*PROBLEM:*
The expected output is exactly the lines below, starting at the line with "d ≡ bytes ++ tail" and ending at the line with "pub slice-rest : rest", both included; no other line belongs in it.

════════════════

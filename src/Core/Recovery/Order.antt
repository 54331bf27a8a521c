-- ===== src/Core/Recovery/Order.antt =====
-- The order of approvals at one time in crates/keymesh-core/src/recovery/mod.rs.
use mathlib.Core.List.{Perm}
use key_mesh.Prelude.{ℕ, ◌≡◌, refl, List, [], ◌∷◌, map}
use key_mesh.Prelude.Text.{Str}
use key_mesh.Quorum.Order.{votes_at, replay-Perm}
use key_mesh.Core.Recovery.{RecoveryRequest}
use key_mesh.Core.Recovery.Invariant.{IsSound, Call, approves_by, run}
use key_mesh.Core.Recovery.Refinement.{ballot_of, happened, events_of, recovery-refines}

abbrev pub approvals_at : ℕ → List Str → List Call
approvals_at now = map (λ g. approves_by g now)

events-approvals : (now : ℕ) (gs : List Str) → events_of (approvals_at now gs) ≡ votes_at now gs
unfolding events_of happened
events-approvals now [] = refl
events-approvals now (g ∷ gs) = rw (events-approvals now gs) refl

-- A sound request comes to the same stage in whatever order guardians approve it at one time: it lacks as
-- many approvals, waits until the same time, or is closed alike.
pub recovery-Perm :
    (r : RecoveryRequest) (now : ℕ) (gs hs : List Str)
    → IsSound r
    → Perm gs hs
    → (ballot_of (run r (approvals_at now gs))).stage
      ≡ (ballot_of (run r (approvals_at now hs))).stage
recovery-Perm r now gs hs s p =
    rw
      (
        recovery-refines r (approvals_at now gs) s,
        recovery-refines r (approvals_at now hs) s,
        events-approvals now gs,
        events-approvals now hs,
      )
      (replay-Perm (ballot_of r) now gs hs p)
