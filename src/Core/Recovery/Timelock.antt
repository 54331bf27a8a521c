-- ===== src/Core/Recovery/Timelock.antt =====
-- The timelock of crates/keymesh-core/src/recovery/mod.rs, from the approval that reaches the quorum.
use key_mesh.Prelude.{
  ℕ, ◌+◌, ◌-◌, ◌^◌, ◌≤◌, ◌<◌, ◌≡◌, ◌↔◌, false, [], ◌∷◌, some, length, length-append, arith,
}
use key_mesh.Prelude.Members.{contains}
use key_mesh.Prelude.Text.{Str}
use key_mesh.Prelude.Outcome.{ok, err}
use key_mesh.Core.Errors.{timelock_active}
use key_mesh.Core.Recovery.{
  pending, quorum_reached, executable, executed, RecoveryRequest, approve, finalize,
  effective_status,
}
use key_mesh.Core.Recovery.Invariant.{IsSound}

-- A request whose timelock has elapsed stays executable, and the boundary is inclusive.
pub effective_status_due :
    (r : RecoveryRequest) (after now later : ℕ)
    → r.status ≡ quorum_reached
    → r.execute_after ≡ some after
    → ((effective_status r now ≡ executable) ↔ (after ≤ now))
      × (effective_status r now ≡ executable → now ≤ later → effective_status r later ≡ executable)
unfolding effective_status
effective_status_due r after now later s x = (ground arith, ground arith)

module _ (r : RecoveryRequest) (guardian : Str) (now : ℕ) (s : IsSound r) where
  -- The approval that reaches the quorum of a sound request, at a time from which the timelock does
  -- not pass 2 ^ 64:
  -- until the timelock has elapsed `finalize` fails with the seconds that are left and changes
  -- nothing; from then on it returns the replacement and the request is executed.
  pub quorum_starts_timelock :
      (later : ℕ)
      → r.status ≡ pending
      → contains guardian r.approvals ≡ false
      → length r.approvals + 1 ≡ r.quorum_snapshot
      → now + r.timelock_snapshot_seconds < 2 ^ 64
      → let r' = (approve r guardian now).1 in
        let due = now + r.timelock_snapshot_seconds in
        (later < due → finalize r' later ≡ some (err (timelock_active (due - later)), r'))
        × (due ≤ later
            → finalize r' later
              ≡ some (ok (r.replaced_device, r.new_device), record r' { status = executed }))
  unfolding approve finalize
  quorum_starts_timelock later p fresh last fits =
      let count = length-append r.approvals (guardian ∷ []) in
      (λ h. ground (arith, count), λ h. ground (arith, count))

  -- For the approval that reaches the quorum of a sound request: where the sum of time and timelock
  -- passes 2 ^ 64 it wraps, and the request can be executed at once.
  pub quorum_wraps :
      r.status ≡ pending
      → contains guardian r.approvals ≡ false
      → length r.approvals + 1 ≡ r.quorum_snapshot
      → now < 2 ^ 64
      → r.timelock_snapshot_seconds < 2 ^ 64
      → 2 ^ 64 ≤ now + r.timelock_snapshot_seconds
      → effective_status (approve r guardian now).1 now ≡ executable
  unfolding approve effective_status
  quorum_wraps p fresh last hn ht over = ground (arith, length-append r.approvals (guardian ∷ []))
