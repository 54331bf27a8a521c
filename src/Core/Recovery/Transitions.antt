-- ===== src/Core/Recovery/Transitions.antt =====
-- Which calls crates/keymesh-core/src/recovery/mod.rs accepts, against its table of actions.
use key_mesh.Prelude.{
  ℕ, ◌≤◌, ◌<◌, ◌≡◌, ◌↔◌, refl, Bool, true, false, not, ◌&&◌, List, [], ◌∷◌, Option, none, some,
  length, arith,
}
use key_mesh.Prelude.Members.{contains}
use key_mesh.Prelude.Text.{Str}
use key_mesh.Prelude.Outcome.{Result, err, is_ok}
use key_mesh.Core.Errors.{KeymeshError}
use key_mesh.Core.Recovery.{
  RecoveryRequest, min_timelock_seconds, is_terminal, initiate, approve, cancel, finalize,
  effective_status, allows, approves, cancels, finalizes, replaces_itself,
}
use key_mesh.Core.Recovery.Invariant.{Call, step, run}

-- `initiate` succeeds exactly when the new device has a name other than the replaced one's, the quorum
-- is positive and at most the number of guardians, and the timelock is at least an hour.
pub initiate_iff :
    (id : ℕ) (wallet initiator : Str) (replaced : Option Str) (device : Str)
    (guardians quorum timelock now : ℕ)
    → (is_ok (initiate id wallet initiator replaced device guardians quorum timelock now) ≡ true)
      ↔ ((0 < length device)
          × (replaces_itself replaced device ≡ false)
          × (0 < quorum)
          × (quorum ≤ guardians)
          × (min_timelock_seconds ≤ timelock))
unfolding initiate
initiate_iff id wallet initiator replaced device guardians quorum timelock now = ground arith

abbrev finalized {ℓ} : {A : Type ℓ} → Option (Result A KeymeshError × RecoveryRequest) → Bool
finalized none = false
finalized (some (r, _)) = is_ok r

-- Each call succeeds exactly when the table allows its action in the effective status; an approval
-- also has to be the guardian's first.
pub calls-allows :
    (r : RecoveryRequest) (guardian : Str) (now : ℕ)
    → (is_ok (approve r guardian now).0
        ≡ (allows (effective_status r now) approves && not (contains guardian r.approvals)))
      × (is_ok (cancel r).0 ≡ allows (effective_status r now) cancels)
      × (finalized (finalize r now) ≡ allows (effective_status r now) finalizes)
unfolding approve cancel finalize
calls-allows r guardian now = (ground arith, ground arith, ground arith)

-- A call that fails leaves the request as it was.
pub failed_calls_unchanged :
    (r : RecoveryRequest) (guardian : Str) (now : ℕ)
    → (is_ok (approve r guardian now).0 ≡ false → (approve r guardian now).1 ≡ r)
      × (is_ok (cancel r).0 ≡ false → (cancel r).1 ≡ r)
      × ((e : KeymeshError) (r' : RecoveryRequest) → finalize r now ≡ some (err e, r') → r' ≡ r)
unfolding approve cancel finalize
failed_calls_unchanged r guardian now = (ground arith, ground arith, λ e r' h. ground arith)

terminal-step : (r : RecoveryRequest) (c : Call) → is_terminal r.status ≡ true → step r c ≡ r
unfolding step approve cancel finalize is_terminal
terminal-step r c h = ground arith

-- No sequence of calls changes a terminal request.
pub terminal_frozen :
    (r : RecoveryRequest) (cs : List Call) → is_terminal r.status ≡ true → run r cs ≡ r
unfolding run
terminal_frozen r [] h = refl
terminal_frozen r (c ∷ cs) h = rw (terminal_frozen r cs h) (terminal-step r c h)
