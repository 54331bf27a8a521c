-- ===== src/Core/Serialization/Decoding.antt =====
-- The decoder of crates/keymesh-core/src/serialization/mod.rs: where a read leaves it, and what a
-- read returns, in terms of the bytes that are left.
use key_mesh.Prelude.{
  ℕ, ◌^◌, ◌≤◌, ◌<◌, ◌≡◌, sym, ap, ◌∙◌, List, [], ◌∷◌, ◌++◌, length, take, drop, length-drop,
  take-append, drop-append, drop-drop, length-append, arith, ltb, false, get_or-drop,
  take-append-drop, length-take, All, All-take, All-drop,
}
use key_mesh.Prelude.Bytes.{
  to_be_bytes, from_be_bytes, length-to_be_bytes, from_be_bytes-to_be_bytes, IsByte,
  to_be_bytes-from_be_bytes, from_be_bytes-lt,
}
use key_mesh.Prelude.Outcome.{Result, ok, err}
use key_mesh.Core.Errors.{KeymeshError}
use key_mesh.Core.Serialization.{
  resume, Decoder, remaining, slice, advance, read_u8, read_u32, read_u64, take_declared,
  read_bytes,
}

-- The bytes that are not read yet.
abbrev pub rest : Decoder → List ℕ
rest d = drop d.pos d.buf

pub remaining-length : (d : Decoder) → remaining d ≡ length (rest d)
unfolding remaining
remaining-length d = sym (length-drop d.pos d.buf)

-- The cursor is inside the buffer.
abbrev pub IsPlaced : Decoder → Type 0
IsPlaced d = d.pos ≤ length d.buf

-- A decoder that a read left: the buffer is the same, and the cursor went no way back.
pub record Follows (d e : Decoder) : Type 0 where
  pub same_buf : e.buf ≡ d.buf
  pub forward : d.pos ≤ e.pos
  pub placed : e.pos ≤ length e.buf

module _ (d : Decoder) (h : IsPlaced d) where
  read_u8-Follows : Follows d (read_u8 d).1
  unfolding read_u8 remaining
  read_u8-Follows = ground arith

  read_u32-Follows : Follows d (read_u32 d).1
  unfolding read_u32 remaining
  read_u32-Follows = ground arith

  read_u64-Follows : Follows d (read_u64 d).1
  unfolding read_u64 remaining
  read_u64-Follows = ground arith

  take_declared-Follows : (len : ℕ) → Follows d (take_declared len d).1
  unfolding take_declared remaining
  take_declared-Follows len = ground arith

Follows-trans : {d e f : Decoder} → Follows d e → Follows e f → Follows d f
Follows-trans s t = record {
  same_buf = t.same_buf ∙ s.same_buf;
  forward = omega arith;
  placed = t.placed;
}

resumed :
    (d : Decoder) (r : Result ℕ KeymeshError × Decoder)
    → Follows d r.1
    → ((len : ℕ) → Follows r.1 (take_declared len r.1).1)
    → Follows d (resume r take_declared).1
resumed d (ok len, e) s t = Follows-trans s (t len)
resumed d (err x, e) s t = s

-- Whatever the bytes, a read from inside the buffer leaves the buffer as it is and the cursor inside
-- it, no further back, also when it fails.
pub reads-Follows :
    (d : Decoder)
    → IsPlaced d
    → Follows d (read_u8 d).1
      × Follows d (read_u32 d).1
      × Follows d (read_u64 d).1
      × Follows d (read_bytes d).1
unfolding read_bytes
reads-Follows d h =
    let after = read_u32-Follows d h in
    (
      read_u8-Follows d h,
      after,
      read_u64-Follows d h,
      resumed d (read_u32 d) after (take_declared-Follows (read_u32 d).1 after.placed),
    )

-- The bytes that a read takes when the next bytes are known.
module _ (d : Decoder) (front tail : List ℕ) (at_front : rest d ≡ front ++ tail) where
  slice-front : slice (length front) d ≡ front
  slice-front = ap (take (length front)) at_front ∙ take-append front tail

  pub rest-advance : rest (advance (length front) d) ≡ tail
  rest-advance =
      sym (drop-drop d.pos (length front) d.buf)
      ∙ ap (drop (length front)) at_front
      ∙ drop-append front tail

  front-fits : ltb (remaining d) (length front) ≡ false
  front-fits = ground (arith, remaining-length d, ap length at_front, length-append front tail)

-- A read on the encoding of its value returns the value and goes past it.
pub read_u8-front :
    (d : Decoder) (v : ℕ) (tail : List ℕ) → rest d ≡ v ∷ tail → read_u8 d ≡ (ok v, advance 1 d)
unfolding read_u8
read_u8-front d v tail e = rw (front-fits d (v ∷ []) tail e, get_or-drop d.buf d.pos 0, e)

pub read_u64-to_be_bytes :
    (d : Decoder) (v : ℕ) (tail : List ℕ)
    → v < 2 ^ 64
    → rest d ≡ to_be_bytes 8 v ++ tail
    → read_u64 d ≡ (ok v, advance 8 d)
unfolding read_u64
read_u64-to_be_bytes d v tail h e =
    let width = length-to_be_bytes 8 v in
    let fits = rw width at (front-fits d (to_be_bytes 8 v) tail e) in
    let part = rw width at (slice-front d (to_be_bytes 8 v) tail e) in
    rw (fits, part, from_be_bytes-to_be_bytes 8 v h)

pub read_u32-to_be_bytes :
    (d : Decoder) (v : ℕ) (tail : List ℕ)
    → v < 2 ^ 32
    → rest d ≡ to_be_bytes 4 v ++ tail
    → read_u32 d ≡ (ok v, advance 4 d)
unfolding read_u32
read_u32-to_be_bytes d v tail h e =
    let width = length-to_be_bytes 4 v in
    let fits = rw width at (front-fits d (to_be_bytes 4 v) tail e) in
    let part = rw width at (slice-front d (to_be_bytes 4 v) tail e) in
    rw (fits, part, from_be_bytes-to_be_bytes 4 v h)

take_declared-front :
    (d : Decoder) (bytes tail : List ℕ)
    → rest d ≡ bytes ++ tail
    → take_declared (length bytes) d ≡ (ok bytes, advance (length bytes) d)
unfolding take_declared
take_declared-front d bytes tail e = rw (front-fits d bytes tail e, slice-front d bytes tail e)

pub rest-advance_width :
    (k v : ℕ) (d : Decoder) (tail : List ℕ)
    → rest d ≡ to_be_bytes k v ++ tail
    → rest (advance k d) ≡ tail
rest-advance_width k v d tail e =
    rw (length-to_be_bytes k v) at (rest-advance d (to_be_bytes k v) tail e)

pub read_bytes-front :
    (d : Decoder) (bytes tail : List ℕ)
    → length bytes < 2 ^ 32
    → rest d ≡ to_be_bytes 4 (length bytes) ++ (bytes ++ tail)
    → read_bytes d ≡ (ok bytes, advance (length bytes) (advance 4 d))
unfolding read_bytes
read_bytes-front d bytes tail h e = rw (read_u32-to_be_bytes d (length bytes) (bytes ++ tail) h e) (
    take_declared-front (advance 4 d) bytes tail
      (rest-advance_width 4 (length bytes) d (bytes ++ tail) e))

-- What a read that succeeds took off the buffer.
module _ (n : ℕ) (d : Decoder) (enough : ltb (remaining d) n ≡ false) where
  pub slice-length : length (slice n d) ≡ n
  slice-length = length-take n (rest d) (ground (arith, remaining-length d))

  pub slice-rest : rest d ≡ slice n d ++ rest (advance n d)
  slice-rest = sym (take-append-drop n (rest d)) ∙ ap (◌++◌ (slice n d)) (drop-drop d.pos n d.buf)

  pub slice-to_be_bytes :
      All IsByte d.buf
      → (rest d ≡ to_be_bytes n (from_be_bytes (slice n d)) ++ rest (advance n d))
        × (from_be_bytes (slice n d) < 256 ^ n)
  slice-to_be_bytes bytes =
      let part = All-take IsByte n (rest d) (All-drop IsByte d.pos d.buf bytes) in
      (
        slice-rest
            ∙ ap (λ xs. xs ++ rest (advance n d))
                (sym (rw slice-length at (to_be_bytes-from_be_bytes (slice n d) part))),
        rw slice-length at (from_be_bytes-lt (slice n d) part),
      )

════════════════

*OUTPUT BELOW:*
    → rest d ≡ bytes ++ tail
    → take_declared (length bytes) d ≡ (ok bytes, advance (length bytes) d)
unfolding take_declared
take_declared-front d bytes tail e = rw (front-fits d bytes tail e, slice-front d bytes tail e)

pub rest-advance_width :
    (k v : ℕ) (d : Decoder) (tail : List ℕ)
    → rest d ≡ to_be_bytes k v ++ tail
    → rest (advance k d) ≡ tail
rest-advance_width k v d tail e =
    rw (length-to_be_bytes k v) at (rest-advance d (to_be_bytes k v) tail e)

pub read_bytes-front :
    (d : Decoder) (bytes tail : List ℕ)
    → length bytes < 2 ^ 32
    → rest d ≡ to_be_bytes 4 (length bytes) ++ (bytes ++ tail)
    → read_bytes d ≡ (ok bytes, advance (length bytes) (advance 4 d))
unfolding read_bytes
read_bytes-front d bytes tail h e = rw (read_u32-to_be_bytes d (length bytes) (bytes ++ tail) h e) (
    take_declared-front (advance 4 d) bytes tail
      (rest-advance_width 4 (length bytes) d (bytes ++ tail) e))

-- What a read that succeeds took off the buffer.
module _ (n : ℕ) (d : Decoder) (enough : ltb (remaining d) n ≡ false) where
  pub slice-length : length (slice n d) ≡ n
  slice-length = length-take n (rest d) (ground (arith, remaining-length d))

  pub slice-rest : rest d ≡ slice n d ++ rest (advance n d)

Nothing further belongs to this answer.